You see, my lords, he has stated that, if a governor is appointed to hold his office only for a short time, the consequence would be, either an avowed disobedience, or, what is worse, extreme falsehood and hypocrisy. Your lordships know that this man has held his office for a long time, and yet his disobedience has been avowed, and his hypocrisy and his falsehood have been discovered, and have been proved to

your lordships in the course of this trial. You see this man has declared what are the principles which should rule the conduct of men, whom you have constituted the guardians of your property, and checks upon the morals and fidelity of others. Mr.
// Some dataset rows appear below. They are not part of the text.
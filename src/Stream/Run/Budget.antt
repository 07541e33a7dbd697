-- ===== src/Stream/Run/Budget.antt =====
-- The walk of a failover session over failed attempts: after `k` of them it stands where `k` steps lead.
use tvr.Base.{
  ℕ, zero, suc, ◌+◌, ◌≤◌, ◌<◌, true, false, some, length, ltb, ◌≡◌, refl, sym, ap, ◌∙◌, arith,
  subst, Bool-cases, inl, inr, ltb→lt,
}
use tvr.Upstream.Source.{is_fallback}
use tvr.Stream.Session.{Session, StreamError, failed_by}
use tvr.Stream.Ready.{fail_ready}
use tvr.Stream.Walk.{fail_or_advance, attempt_budget, total_urls, advance}
use tvr.Stream.Walk.Order.{cost, advance_by, next_url, next_upstream}
use tvr.Stream.Run.Attempt.{Kept, InRange, Waiting, Defeat, attempted, attempted-Kept}

Kept-trans : {t u w : Session} → Kept t u → Kept u w → Kept t w
Kept-trans h k = record {
  source_kept = k.source_kept ∙ h.source_kept;
  viewers_kept = k.viewers_kept ∙ h.viewers_kept;
  stopped_kept = k.stopped_kept ∙ h.stopped_kept;
  ever_kept = k.ever_kept ∙ h.ever_kept;
  open_kept = k.open_kept ∙ h.open_kept;
  attempts_kept = k.attempts_kept ∙ h.attempts_kept;
  current_kept = k.current_kept ∙ h.current_kept;
  candidate_kept = k.candidate_kept ∙ h.candidate_kept;
}

advance-Kept : (t u : Session) → Kept t u → Kept (advance t) (advance u)
unfolding advance
advance-Kept t u k = record {
  source_kept = ground (arith, k.source_kept);
  viewers_kept = ground (arith, k.viewers_kept);
  stopped_kept = ground (arith, k.stopped_kept);
  ever_kept = ground (arith, k.ever_kept);
  open_kept = ground (arith, k.open_kept);
  attempts_kept = ground (arith, k.attempts_kept);
  current_kept = ground (arith, k.source_kept, k.current_kept, k.candidate_kept);
  candidate_kept = ground (arith, k.source_kept, k.current_kept, k.candidate_kept);
}

Kept-InRange : (t u : Session) → Kept t u → InRange t → InRange u
Kept-InRange t u k r = rw (k.source_kept, k.current_kept, k.candidate_kept) r

advance-InRange : (t : Session) → is_fallback t.source ≡ true → InRange t → InRange (advance t)
advance-InRange t f r =
    let i : ℕ = t.current_index in
    let c : ℕ = t.candidate_index in
    let n : ℕ = length t.source.upstreams in
    elim (Bool-cases (ltb (c + 1) (cost t.source.upstreams i))) [
      | inl e ↦ subst InRange (sym (next_url t i c r.0 (ltb→lt _ _ e))) (r.0, ltb→lt _ _ e)
      | inr e ↦
          let last : cost t.source.upstreams i ≤ c + 1 = ground arith in
          subst InRange (sym (next_upstream t i c r.0 last f)) (grind (arith, r.0), omega arith)
    ]

-- The session as its walk goes, with the attempts counted.
abbrev pub counted : ℕ → Session → Session
counted k s = record (advance_by k s) { attempts_before_ready = k }

advance_by-suc : (k : ℕ) (s : Session) → advance_by (suc k) s ≡ advance (advance_by k s)
advance_by-suc zero s = refl
advance_by-suc (suc k) s = advance_by-suc k (advance s)

advance-source : (t : Session) → (advance t).source ≡ t.source
unfolding advance
advance-source t = ground arith

advance_by-InRange :
    (k : ℕ) (s : Session) → is_fallback s.source ≡ true → InRange s → InRange (advance_by k s)
advance_by-InRange zero s f r = r
advance_by-InRange (suc k) s f r =
    advance_by-InRange k (advance s) (ap is_fallback (advance-source s) ∙ f) (advance-InRange s f r)

advance-attempts :
    (k n : ℕ) (s : Session)
    → Kept
        (record (advance (advance_by k s)) { attempts_before_ready = n })
        (record (advance_by (suc k) s) { attempts_before_ready = n })
advance-attempts k n s =
    let e = advance_by-suc k s in
    record {
      source_kept = ap (λ (t : Session). t.source) e;
      viewers_kept = ap (λ (t : Session). t.viewers) e;
      stopped_kept = ap (λ (t : Session). t.stopped) e;
      ever_kept = ap (λ (t : Session). t.ever_ready) e;
      open_kept = ap (λ (t : Session). t.ready_closed) e;
      attempts_kept = refl;
      current_kept = ap (λ (t : Session). t.current_index) e;
      candidate_kept = ap (λ (t : Session). t.candidate_index) e;
    }

abbrev pub once_more : Session → Session
once_more u = record u { attempts_before_ready = u.attempts_before_ready + 1 }

pub fail_or_advance-next :
    (e : StreamError) (u : Session)
    → is_fallback u.source ≡ true
    → u.attempts_before_ready + 1 < total_urls u.source.upstreams
    → fail_or_advance e u ≡ (false, advance (once_more u))
unfolding fail_or_advance attempt_budget
fail_or_advance-next e u f h = ground arith

pub fail_or_advance-fails :
    (e : StreamError) (u : Session)
    → is_fallback u.source ≡ true
    → total_urls u.source.upstreams ≤ u.attempts_before_ready + 1
    → fail_or_advance e u ≡ (true, fail_ready (some (failed_by e)) (once_more u))
unfolding fail_or_advance attempt_budget
fail_or_advance-fails e u f h = ground arith

-- Where the walk from `s` stands after `k` failed attempts.
pub record Trying (s : Session) (k : ℕ) (t : Session) : Type 0 where
  pub kept : Kept (counted k s) t
  pub waiting : Waiting t
  pub placed : InRange t
  pub same_source : t.source ≡ s.source

pub Kept-Waiting : (t u : Session) → Kept t u → Waiting t → Waiting u
Kept-Waiting t u k (v, st, ev, op, f) = (
  rw (k.viewers_kept) v,
  k.stopped_kept ∙ st,
  k.ever_kept ∙ ev,
  k.open_kept ∙ op,
  ap is_fallback k.source_kept ∙ f,
)

advance-Waiting : (t : Session) → Waiting t → Waiting (advance t)
unfolding advance
advance-Waiting t w = (ground arith, ground arith, ground arith, ground arith, ground arith)

once_more-Kept :
    (k : ℕ) (t u : Session)
    → t.attempts_before_ready ≡ k
    → Kept t u
    → Kept (record t { attempts_before_ready = k + 1 }) (once_more u)
once_more-Kept k t u e h = record {
  source_kept = h.source_kept;
  viewers_kept = h.viewers_kept;
  stopped_kept = h.stopped_kept;
  ever_kept = h.ever_kept;
  open_kept = h.open_kept;
  attempts_kept = ap (λ n. n + 1) (h.attempts_kept ∙ e);
  current_kept = h.current_kept;
  candidate_kept = h.candidate_kept;
}

advance-attempts_Kept :
    (n : ℕ) (t : Session)
    → Kept
        (advance (record t { attempts_before_ready = n }))
        (record (advance t) { attempts_before_ready = n })
unfolding advance
advance-attempts_Kept n t = record {
  source_kept = ground arith;
  viewers_kept = ground arith;
  stopped_kept = ground arith;
  ever_kept = ground arith;
  open_kept = ground arith;
  attempts_kept = ground arith;
  current_kept = ground arith;
  candidate_kept = ground arith;
}

Kept-symm : {t u : Session} → Kept t u → Kept u t
Kept-symm h = record {
  source_kept = sym h.source_kept;
  viewers_kept = sym h.viewers_kept;
  stopped_kept = sym h.stopped_kept;
  ever_kept = sym h.ever_kept;
  open_kept = sym h.open_kept;
  attempts_kept = sym h.attempts_kept;
  current_kept = sym h.current_kept;
  candidate_kept = sym h.candidate_kept;
}

pub Trying-next :
    (o : Defeat) (s : Session) (k : ℕ) (t : Session)
    → Trying s k t
    → Trying s (k + 1) (advance (once_more (attempted o t)))
Trying-next o s k t h =
    let one : k + 1 ≡ suc k = omega arith in
    let tried = Kept-trans h.kept (attempted-Kept o t h.placed) in
    let more = once_more-Kept k (counted k s) (attempted o t) refl tried in
    let stepped = advance-Kept (record (advance_by k s) { attempts_before_ready = k + 1 }) _ more in
    let reached = Kept-trans (Kept-symm (advance-attempts_Kept (k + 1) (advance_by k s))) stepped in
    let w = Kept-Waiting t (attempted o t) (attempted-Kept o t h.placed) h.waiting in
    let r = Kept-InRange t (attempted o t) (attempted-Kept o t h.placed) h.placed in
    record {
      kept = rw one (Kept-trans (Kept-symm (advance-attempts k (suc k) s)) (rw one at reached));
      waiting = advance-Waiting (once_more (attempted o t)) w;
      placed = advance-InRange (once_more (attempted o t)) w.4 r;
      same_source =
          advance-source (once_more (attempted o t))
          ∙ (attempted-Kept o t h.placed).source_kept
          ∙ h.same_source;
    }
Hastings tells you himself directly what his duty was; he tells you himself, and he pronounces his own condemnation, what was expected from him, namely, that he should give a great example himself, and be a check and guardian of the fidelity of all that are under him. He declares at the end of this letter, that a very short continuance in their service would enable him to make a fortune up to the height of his desire. He has since thought proper to declare to you, that he is a beggar and undone, notwithstanding all his irregular resources, in that very service. I have read this letter to your lordships, that you may contrast it with the conduct of the prisoner, as stated by us and proved by the evidence we have adduced. We have stated and proved, that Mr. Hastings did enter upon a systematic connivance at the peculation of the company's servants-that he refused to institute any check whatever for the purpose of preventing corruption; and that he carried into execution no one measure of government, agreeably to the positive and solemn engagements, into which he had entered with the directors. We therefore charge him not only with his own corruptions, but with a systematic, premeditated corruption of the whole service, from the time when he was appointed, in the beginning of the year 1772, down to the year 1785, when he left it. He never attempted to detect any one single abuse whatever; he never endeavored once to put a stop to any corruption, in any man, black or white, in any way whatever. And thus he has acted in a government, of which he himself declares the nature to be such, that it is almost impossible so to detect misconduct as to give legal evidence of it, though a man should be declared, by the cries of the whole people, to be guilty.